Nos últimos anos, uma questão aparentemente tormentosa que se apresenta é a possibilidade de cômputo do tempo militar em regime próprio de previdência como período de atividade pública, com tratamento equiparado às atividades em cargo público de provimento efetivo. Como se tem notícia, as instâncias administrativas têm compreensão pela negativa da possibilidade, com mera averbação do período, mas sem a possibilidade da equiparação apontada, o que traz potenciais prejuízos, especialmente para servidores públicos com vinculação aos respectivos regimes em período anterior às últimas reformas previdenciárias.
Esclarecendo o exposto, há diversos servidores públicos em atividade, mas com ingresso nos últimos anos, representando público que perpassou diversas reformas e regras transitórias, com o explícito estímulo à migração para as novas regras de proteção social, como, por exemplo, o Regime de Previdência Complementar – RPC, que, em âmbito federal, foi disciplinado pela lei 12.618/2012.
No aludido sistema – que adotamos no presente artigo para fins de exemplo – o servidor federal ocupante de cargo efetivo detinha a opção de migrar ao novo sistema, o qual conta com uma compensação financeira dos recolhimentos previdenciários pretéritos acima do limite máximo de pagamento do Regime Geral de Previdência Social, conhecido como "benefício especial" e, ainda, a possibilidade de adesão ao RPC, o qual é patrocinado pela União Federal.
Pois bem, na hipótese de servidor federal com tempo de militar prévio, a dúvida principal seria: caberia a contagem do tempo militar como período de atividade na função pública?

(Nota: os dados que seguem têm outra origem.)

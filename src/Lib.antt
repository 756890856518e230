-- ===== src/Lib.antt =====
-- Celery Diagnostics Observer: a process beside a Celery deployment that reads task events and
-- broker state, strips them of payloads, and sends them to a backend in batches. On request of the
-- backend it also runs read-only probes on the workers, the result backend and the broker. All
-- paths below are of the package celery_diagnostics_observer.
--
-- The parts, and how they interact:
--
-- Events. sanitizer.py turns a raw event into one that may leave the process, or drops it
--   (Sanitizer). Single values are in Sanitizer/Coerce, labels and the list of forbidden fields in
--   Sanitizer/Labels, exception classes in Sanitizer/Exceptions, what is read from a raw event in
--   Sanitizer/Parts, schedule entries in Sanitizer/Beat, sanitize_celery_event in Sanitizer/Events,
--   and the samples and the heartbeat in Sanitizer/Snapshots. utc_now_iso() is an argument. Each
--   exception that a conversion lets through is an error of the result.
--   event_receiver.py (EventReceiver) hands them to the transport, and connects again after failures.
-- Identities. policy.py (Policy) says which identities are readable; under `local-only` the
--   sanitizer replaces them by keyed references and seals them in a capsule, both of identity.py
--   (Identity).
-- Transport. transport.py and spool.py (Transport, Spool) keep events in a buffer, a spool file and
--   a batch that waits for its retry, and post them. A step of the transport takes the time, the
--   outcome of the post and that of the spool's write as arguments; a run is a list of steps. Nothing
--   locks the transport, so that flushes of two threads may overlap (Transport/Overlap).
-- Threads. health.py, the samplers, active_probes.py and beat.py each have a thread that repeats a
--   step. They are alike in how they start, stop and end (Services); the steps, run_once of the probes
--   among them, are in Services/Rounds.
-- Probes. active_probes.py (ActiveProbes) checks a request, opens its capsule, asks the workers and
--   answers; capabilities.py, redis_result_probe.py, redis_message_probe.py (MessageProbe) and what
--   they ask of the app (ActiveProbes/AppFacts) are parts of it. What workers, Redis and the result backend reply is a parameter, as a value or an
--   exception.
-- Samples. redis_sampler.py and inspect_sampler.py (Samplers) sample queues and workers, through the
--   sanitizer.
-- Settings. config.py (Config) is the record of settings that all of them share. The reading of
--   queues is in Config/Queues, of whole numbers in Config/Numbers, of floats in Config/Bounds; the
--   whole of __post_init__, config_from_env and the ingest URL are in Config/Settings.
-- The app. app_loader.py (AppLoader) finds the project's Celery app and app_context.py (AppContext)
--   reads its conf, which is a function from a name to a value or an exception.
-- Reports. coverage.py (Coverage) says which facts are known (Coverage/Sources), what is left to do,
--   and all of that in a report (Coverage/Report), which is rendered as text (Coverage/Render), with
--   the credentials of URLs taken out (Sanitizer/Urls).
-- Beat. beat.py (Beat) is an adapter of Celery's scheduler: it reports the schedule (Beat/Snapshots),
--   and each task that is due or fails to be published (Beat/Scheduler), through a transport of its
--   own (Beat/Startup). Beat/Errors tells failures of the broker from others. What Celery's
--   scheduler does within a tick is a list of calls and the way in which it ends.
-- Replay. replay.py (Replay) sends recorded events up to a cutoff through the sanitizer, moved in time.
-- Commands. cli.py (Cli) runs all of this: observe is in Cli/Observe, replay and resolve in
--   Cli/Resolve. observe is the list of services that it starts and stops, and what they do then is
--   modelled with their parts.
--
-- Shared by all: Prelude, Result (Python exceptions as values), Values (Python objects), Text
-- (methods of str), and Runtime. Runtime holds what is not defined here: the formats of numbers and
-- dates, upper and lower case beyond ASCII, JSON, HMAC, SHA-256 and Fernet. The theorems assume of
-- it only what their hypotheses say, such as that decryption undoes encryption.
--
-- Loops are structural recursion on the list, the text or the dictionary that they read; the scan of
-- a schedule stops after 200 items by its own counter. The walk over the causes and contexts of an
-- exception is on fuel: among n exceptions it visits each once, so that n + 1 is enough, which
-- Beat/Errors/Exact proves. A command's arguments are the dictionary of parsed options. Times in the
-- transport and the settings are natural numbers of microseconds, and floats are their bit patterns.
-- Python's integers have no bound, and neither do those here.
--
-- Not modelled: dictionaries with keys other than texts; lone surrogates in texts; the modes and
-- links of files; console output and logging; timeouts and the closing of connections; the parser of
-- the command line; stable_hash, which calls repr; the closing of beat.py's scheduler; and a round of
-- event_receiver.py, which kombu runs.

pub mod Prelude
pub mod Result
pub mod Values
pub mod Config
pub mod Spool
pub mod Transport
pub mod MessageProbe
pub mod Tests
pub mod Text
pub mod Runtime
pub mod Policy
pub mod Identity
pub mod Sanitizer
pub mod ActiveProbes
pub mod Samplers
pub mod EventReceiver
pub mod AppContext
pub mod AppLoader
pub mod Coverage
pub mod Replay
pub mod Beat
pub mod Cli
pub mod Services
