-- ===== src/ActiveProbes.antt =====
-- active_probes.py, capabilities.py and redis_result_probe.py: read-only probes, and their answers.
pub mod AppFacts
pub mod Capabilities
pub mod Requests
pub mod Matching
pub mod Answers
pub mod Handlers
pub mod Capacity
pub mod Executor
pub mod Absence
pub mod Foreign
pub mod Resolve
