-- ===== src/Prelude/Int.antt =====
-- Signed integers over the native numbers, under the library's names.
use Prim.Native.Nat.{ℕ, zero, suc, ◌+◌, ◌-◌, ◌*◌, ◌/◌}
use celery_diagnostics_obser.Prelude.Tests.{ltb, if◌then◌else◌}
use mathlib.Core.Bool.{Bool, true, false}
use mathlib.Core.Option.{Option, none, some}

-- `negsuc n` is -(n + 1).
pub data ℤ : Type 0 where
  pos : ℕ → ℤ
  negsuc : ℕ → ℤ

-- n != 0
abbrev pub is_nonzero : ℤ → Bool
is_nonzero (pos zero) = false
is_nonzero (pos (suc n)) = true
is_nonzero (negsuc n) = true

-- The number, if it is at least 0.
abbrev pub non_negative : ℤ → Option ℕ
non_negative (pos n) = some n
non_negative (negsuc n) = none

-- m < n
abbrev pub int_ltb : ℤ → ℤ → Bool
int_ltb (pos m) (pos n) = ltb m n
int_ltb (pos m) (negsuc n) = false
int_ltb (negsuc m) (pos n) = true
int_ltb (negsuc m) (negsuc n) = ltb n m

-- m + n
infixl 60 ◌+ℤ◌
abbrev pub ◌+ℤ◌ : ℤ → ℕ → ℤ
(pos m) +ℤ n = pos (m + n)
(negsuc m) +ℤ n = if ltb m n then pos (n - suc m) else negsuc (m - n)

-- The greatest multiple of d that is not above the number, for d above 0.
abbrev pub floor_to : ℕ → ℤ → ℤ
floor_to d (pos m) = pos (m / d * d)
floor_to d (negsuc m) = negsuc (m / d * d + (d - 1))
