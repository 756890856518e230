-- ===== src/Result.antt =====
-- Python exceptions as values: the classes that the observer raises, catches or lets through.
use celery_diagnostics_obser.Prelude.{◌≡◌, refl, String, Option, none, some, subst, ap, fun_ext}

-- `capsule_error` is `IdentityCapsuleError` of identity.py with its message. It is a `ValueError`.
-- `other_error` is any other class, by its name.
pub data Error : Type 0 where
  value_error type_error overflow_error key_error os_error : Error
  capsule_error other_error : String → Error

-- A call that raised, or returned a value.
pub data Result {ℓ} (T : Type ℓ) : Type ℓ where
  err : Error → Result T
  ok : T → Result T

infixl 5 ◌>>=◌
unfoldable pub ◌>>=◌ {ι κ} : {T : Type ι} {S : Type κ} → Result T → (T → Result S) → Result S
err raised >>= rest = err raised
ok value >>= rest = rest value

-- A lookup that raises `e` where it finds nothing.
abbrev pub or_raise {ℓ} : {T : Type ℓ} → Option T → Error → Result T
or_raise (some value) e = ok value
or_raise none e = err e

-- What holds of the error and of each result of the rest holds of the bind.
pub >>=_cases {ι κ ℓ} :
    {T : Type ι} {S : Type κ} (P : Result S → Type ℓ) (m : Result T) (rest : T → Result S)
    → ((e : Error) → m ≡ err e → P (err e))
    → ((value : T) → m ≡ ok value → P (rest value))
    → P (m >>= rest)
unfolding ◌>>=◌
>>=_cases P (err e) rest fails goes = fails e refl
>>=_cases P (ok value) rest fails goes = goes value refl

-- `Q` holds of what the call returns, if it returns.
unfoldable pub Returns {κ ℓ} : {T : Type κ} (Q : T → Type ℓ) → Result T → Type ℓ
Returns Q (err e) = Unit
Returns Q (ok value) = Q value

pub Returns->>= {ι κ ℓ} :
    {T : Type ι} {S : Type κ} (Q : S → Type ℓ) (m : Result T) (rest : T → Result S)
    → ((value : T) → m ≡ ok value → Returns Q (rest value))
    → Returns Q (m >>= rest)
unfolding ◌>>=◌ Returns
Returns->>= Q (err e) rest h = tt
Returns->>= Q (ok value) rest h = h value refl

pub Returns_at {κ ℓ} :
    {T : Type κ} (Q : T → Type ℓ) (r : Result T) (value : T) → Returns Q r → r ≡ ok value → Q value
unfolding Returns
Returns_at Q r value h equal = subst (Returns Q) equal h

pub Returns-ok {κ ℓ} : {T : Type κ} (Q : T → Type ℓ) (value : T) → Q value → Returns Q (ok value)
unfolding Returns
Returns-ok Q value h = h

pub Returns-err {κ ℓ} : {T : Type κ} (Q : T → Type ℓ) (e : Error) → Returns Q (err e)
unfolding Returns
Returns-err Q e = tt

pub Returns-weaken {κ ι ℓ} :
    {T : Type κ} (P : T → Type ι) (Q : T → Type ℓ) (r : Result T)
    → ((value : T) → P value → Q value)
    → Returns P r
    → Returns Q r
unfolding Returns
Returns-weaken P Q (err e) step h = tt
Returns-weaken P Q (ok value) step h = step value h

pub >>=_ext {ι κ} :
    {T : Type ι} {S : Type κ} (m : Result T) (rest rest' : T → Result S)
    → ((value : T) → rest value ≡ rest' value)
    → m >>= rest ≡ m >>= rest'
>>=_ext m rest rest' h = ap (◌>>=◌ m) (fun_ext h)

pub >>=_same {ι κ} :
    {T : Type ι} {S : Type κ} (m m' : Result T) (rest : T → Result S)
    → m ≡ m'
    → m >>= rest ≡ m' >>= rest
>>=_same m m' rest h = ap (λ r. r >>= rest) h

-- type(error).__name__
abbrev pub class_name : Error → String
class_name value_error = "ValueError"
class_name type_error = "TypeError"
class_name overflow_error = "OverflowError"
class_name key_error = "KeyError"
class_name os_error = "OSError"
class_name (capsule_error message) = "IdentityCapsuleError"
class_name (other_error name) = name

Se a resposta for afirmativa, o interregno indenizado pelo benefício especial é maior, assim como é facilitada a obtenção dos requisitos de elegibilidade das aposentadorias, as quais, a depender da regra, demandam tempo de serviço público elevado.
Apesar de os militares, na minha percepção, possuírem regime protetivo diverso do previdenciário, entendo que a contagem do interregno nas Forças Armadas seja comparável ao tempo de atividade pública, por expressa autorização constitucional. Do ponto de vista administrativo, o enquadramento do militar, até a EC 18/98, era como espécie do gênero "servidor público". Não por outro motivo, a contagem recíproca entre as atividades não contava com grandes dificuldades.
Mesmo com a mudança apontada, todavia, é importante notar que as aproximações foram mantidas e mesmo reforçadas na CF pelas últimas reformas, como se nota nas restrições a acumulações de benefícios, as quais, também nos últimos anos, têm agregado prestações derivadas de atividade militar. Da mesma forma, a EC nº 103/19, ao prever a aposentadoria especial no âmbito dos Regimes Próprios, expressamente admite o tempo militar como atividade policial. Qual o sentido em admitir-se o tempo militar como tempo especial no RPPS e não para os demais efeitos?
Dentro de uma perspectiva a fortiori, nos parece que a vontade do constituinte derivado foi, no bojo da proteção social dos servidores públicos, computar o tempo militar para todos os fins. Em suma, apesar dos regimes protetivos diversos, o interregno de atividade militar, quando averbado em RPPS, deve ser computado como tempo de atividade pública, conforme expressa autorização da EC 103/19.